§ EXERCISE DETAILS:
In the listing below, repeat exactly every line from the first through the line containing "d (insert id d t)", with nothing else.

─── AVAILABLE DATA ───

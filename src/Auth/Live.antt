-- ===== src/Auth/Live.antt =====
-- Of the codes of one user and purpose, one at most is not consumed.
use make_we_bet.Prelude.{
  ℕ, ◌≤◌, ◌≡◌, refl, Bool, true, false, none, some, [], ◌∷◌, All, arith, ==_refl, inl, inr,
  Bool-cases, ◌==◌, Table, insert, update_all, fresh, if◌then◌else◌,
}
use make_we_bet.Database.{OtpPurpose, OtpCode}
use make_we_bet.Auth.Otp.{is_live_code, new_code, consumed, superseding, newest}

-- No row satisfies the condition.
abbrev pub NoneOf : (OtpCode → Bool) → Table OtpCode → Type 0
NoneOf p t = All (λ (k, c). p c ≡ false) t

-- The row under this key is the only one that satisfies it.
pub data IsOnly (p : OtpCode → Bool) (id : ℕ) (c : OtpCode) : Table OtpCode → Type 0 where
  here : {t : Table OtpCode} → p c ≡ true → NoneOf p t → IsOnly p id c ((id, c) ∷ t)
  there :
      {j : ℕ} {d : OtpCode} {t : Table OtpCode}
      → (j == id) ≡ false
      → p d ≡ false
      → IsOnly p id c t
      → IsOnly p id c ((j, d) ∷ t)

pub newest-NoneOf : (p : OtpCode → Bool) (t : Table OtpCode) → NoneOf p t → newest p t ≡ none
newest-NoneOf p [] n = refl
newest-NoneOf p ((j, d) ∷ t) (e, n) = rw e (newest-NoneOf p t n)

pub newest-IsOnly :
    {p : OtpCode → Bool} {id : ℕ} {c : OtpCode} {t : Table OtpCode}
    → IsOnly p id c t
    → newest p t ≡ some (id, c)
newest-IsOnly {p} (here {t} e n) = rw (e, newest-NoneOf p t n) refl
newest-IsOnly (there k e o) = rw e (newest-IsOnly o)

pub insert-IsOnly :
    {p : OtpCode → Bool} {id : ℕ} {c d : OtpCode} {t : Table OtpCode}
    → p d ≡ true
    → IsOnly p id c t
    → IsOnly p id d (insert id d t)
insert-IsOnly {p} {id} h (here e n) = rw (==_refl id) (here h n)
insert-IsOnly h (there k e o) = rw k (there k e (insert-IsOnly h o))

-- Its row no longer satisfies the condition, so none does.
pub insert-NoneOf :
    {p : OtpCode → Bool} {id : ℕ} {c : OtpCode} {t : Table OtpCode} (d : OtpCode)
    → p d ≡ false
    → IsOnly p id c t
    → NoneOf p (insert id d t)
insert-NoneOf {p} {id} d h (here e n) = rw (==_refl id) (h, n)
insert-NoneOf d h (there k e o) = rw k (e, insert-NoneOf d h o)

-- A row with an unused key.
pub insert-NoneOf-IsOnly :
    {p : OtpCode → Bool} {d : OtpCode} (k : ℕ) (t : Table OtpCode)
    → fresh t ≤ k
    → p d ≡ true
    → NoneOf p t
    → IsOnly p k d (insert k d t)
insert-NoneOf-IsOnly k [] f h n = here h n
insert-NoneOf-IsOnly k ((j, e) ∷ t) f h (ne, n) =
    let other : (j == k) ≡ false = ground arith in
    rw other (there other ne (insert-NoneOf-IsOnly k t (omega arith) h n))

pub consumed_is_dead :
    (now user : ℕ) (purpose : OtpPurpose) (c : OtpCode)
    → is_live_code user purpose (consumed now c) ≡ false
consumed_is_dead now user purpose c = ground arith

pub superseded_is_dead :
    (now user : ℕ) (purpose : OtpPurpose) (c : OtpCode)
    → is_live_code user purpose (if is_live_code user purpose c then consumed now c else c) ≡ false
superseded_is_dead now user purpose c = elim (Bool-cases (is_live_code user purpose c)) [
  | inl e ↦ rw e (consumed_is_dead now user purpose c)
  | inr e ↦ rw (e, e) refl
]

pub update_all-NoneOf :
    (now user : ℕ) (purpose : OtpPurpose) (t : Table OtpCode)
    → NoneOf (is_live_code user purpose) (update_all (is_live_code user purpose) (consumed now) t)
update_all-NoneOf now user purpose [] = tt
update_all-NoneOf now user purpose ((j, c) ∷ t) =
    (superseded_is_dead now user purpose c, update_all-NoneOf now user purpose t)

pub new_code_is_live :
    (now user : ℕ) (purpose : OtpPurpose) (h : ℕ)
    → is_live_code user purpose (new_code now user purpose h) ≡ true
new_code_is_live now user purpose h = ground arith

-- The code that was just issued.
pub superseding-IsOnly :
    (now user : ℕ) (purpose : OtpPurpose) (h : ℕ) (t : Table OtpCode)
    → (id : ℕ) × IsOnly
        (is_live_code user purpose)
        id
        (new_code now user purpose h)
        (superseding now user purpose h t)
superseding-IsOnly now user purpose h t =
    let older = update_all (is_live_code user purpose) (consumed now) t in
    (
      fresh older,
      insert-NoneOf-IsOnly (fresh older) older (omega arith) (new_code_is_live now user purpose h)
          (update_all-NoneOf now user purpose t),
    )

───

§ EXERCISE RESPONSE:
filename src/Auth/Live.antt
-- ===== src/Auth/Live.antt =====
-- Of the codes of one user and purpose, one at most is not consumed.
use make_we_bet.Prelude.{
  ℕ, ◌≤◌, ◌≡◌, refl, Bool, true, false, none, some, [], ◌∷◌, All, arith, ==_refl, inl, inr,
  Bool-cases, ◌==◌, Table, insert, update_all, fresh, if◌then◌else◌,
}
use make_we_bet.Database.{OtpPurpose, OtpCode}
use make_we_bet.Auth.Otp.{is_live_code, new_code, consumed, superseding, newest}

-- No row satisfies the condition.
abbrev pub NoneOf : (OtpCode → Bool) → Table OtpCode → Type 0
NoneOf p t = All (λ (k, c). p c ≡ false) t

-- The row under this key is the only one that satisfies it.
pub data IsOnly (p : OtpCode → Bool) (id : ℕ) (c : OtpCode) : Table OtpCode → Type 0 where
  here : {t : Table OtpCode} → p c ≡ true → NoneOf p t → IsOnly p id c ((id, c) ∷ t)
  there :
      {j : ℕ} {d : OtpCode} {t : Table OtpCode}
      → (j == id) ≡ false
      → p d ≡ false
      → IsOnly p id c t
      → IsOnly p id c ((j, d) ∷ t)

pub newest-NoneOf : (p : OtpCode → Bool) (t : Table OtpCode) → NoneOf p t → newest p t ≡ none
newest-NoneOf p [] n = refl
newest-NoneOf p ((j, d) ∷ t) (e, n) = rw e (newest-NoneOf p t n)

pub newest-IsOnly :
    {p : OtpCode → Bool} {id : ℕ} {c : OtpCode} {t : Table OtpCode}
    → IsOnly p id c t
    → newest p t ≡ some (id, c)
newest-IsOnly {p} (here {t} e n) = rw (e, newest-NoneOf p t n) refl
newest-IsOnly (there k e o) = rw e (newest-IsOnly o)

pub insert-IsOnly :
    {p : OtpCode → Bool} {id : ℕ} {c d : OtpCode} {t : Table OtpCode}
    → p d ≡ true
    → IsOnly p id c t
    → IsOnly p id d (insert id d t)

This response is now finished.